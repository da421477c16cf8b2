-- ===== src/Case.antt =====
-- A case file as a whole, docs/abicase-format.md 3 to 5: the header and the sections, the specification
-- that `abi_case_encode` and `abi_case_decode` share.
pub mod Write
pub mod Emitted
pub mod Read
pub mod Sections
pub mod Parts
pub mod Header
pub mod Live
pub mod Canonical
pub mod RoundTrip
use arrow_abi_doctor.Base.{
  ℕ, ◌+◌, List, [], ◌∷◌, ◌++◌, Option, none, some, length, take, if◌then◌else◌, Bool, ltb,
}
use arrow_abi_doctor.Bytes.{store_u16, store_u32}
use arrow_abi_doctor.Sha256.{abi_sha256}
use arrow_abi_doctor.Model.{AbiSchemaNode, AbiArrayNode, AbiOp, AbiCase}
use arrow_abi_doctor.Format.{
  provenance_bytes, allocations_bytes, schema_bytes, array_bytes, callseq_bytes, expected_bytes,
  section_bytes,
}

abbrev pub header_size : ℕ
header_size = 40

abbrev pub id_bytes : ℕ
id_bytes = 16

-- 'ABIC'
abbrev pub magic : List ℕ
magic = 0x41 ∷ 0x42 ∷ 0x49 ∷ 0x43 ∷ []

abbrev pub bom : ℕ
bom = 0x0000FEFF

-- The header up to the payload id.
abbrev pub header_bytes : ℕ → ℕ → ℕ → List ℕ
header_bytes cls section_count total =
    magic
    ++ (store_u16 1
        ++ (store_u16 header_size
            ++ (store_u32 bom
                ++ ((cls ∷ 0 ∷ 0 ∷ 0 ∷ []) ++ (store_u32 section_count ++ store_u32 total)))))

-- The optional sections: left out when there is no schema, no array or no operation.
abbrev pub schema_section : Option AbiSchemaNode → List ℕ
schema_section none = []
schema_section (some n) = section_bytes 3 (schema_bytes n)

abbrev pub array_section : Option AbiArrayNode → List ℕ
array_section none = []
array_section (some n) = section_bytes 4 (array_bytes n)

abbrev pub callseq_section : List AbiOp → List ℕ
callseq_section [] = []
callseq_section (op ∷ ops) = section_bytes 5 (callseq_bytes (op ∷ ops))

unfoldable pub payload_bytes : AbiCase → List ℕ
payload_bytes c =
    section_bytes 1 (provenance_bytes c.provenance)
    ++ (section_bytes 2 (allocations_bytes c.allocations)
        ++ (schema_section c.schema
            ++ (array_section c.array
                ++ (callseq_section c.ops ++ section_bytes 6 (expected_bytes c.expected)))))

abbrev pub count_of {ℓ} : {A : Type ℓ} → Option A → ℕ
count_of none = 0
count_of (some a) = 1

abbrev pub section_count_of : AbiCase → ℕ
section_count_of c =
    3 + count_of c.schema + count_of c.array + (if ltb 0 (length c.ops) then 1 else 0)

unfoldable pub case_bytes : AbiCase → List ℕ
unfolding payload_bytes
case_bytes c =
    let payload = payload_bytes c in
    header_bytes c.cls (section_count_of c) (header_size + length payload)
    ++ (take id_bytes (abi_sha256 payload) ++ payload)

++++++++++++++++++++

* _Task item_
Please print, unchanged, the lines from the one holding "-- The header up to the payload id." through the last line of the listing above, including both and omitting the rest.

* _Result for this task_
-- The header up to the payload id.
abbrev pub header_bytes : ℕ → ℕ → ℕ → List ℕ
header_bytes cls section_count total =
    magic
    ++ (store_u16 1
        ++ (store_u16 header_size
            ++ (store_u32 bom
                ++ ((cls ∷ 0 ∷ 0 ∷ 0 ∷ []) ++ (store_u32 section_count ++ store_u32 total)))))

-- The optional sections: left out when there is no schema, no array or no operation.
abbrev pub schema_section : Option AbiSchemaNode → List ℕ
schema_section none = []
schema_section (some n) = section_bytes 3 (schema_bytes n)

abbrev pub array_section : Option AbiArrayNode → List ℕ
array_section none = []
array_section (some n) = section_bytes 4 (array_bytes n)

abbrev pub callseq_section : List AbiOp → List ℕ
callseq_section [] = []
callseq_section (op ∷ ops) = section_bytes 5 (callseq_bytes (op ∷ ops))

unfoldable pub payload_bytes : AbiCase → List ℕ
payload_bytes c =
    section_bytes 1 (provenance_bytes c.provenance)
    ++ (section_bytes 2 (allocations_bytes c.allocations)
        ++ (schema_section c.schema
            ++ (array_section c.array
                ++ (callseq_section c.ops ++ section_bytes 6 (expected_bytes c.expected)))))

abbrev pub count_of {ℓ} : {A : Type ℓ} → Option A → ℕ
count_of none = 0
count_of (some a) = 1

abbrev pub section_count_of : AbiCase → ℕ
section_count_of c =
    3 + count_of c.schema + count_of c.array + (if ltb 0 (length c.ops) then 1 else 0)

unfoldable pub case_bytes : AbiCase → List ℕ
unfolding payload_bytes
case_bytes c =
    let payload = payload_bytes c in
    header_bytes c.cls (section_count_of c) (header_size + length payload)
    ++ (take id_bytes (abi_sha256 payload) ++ payload)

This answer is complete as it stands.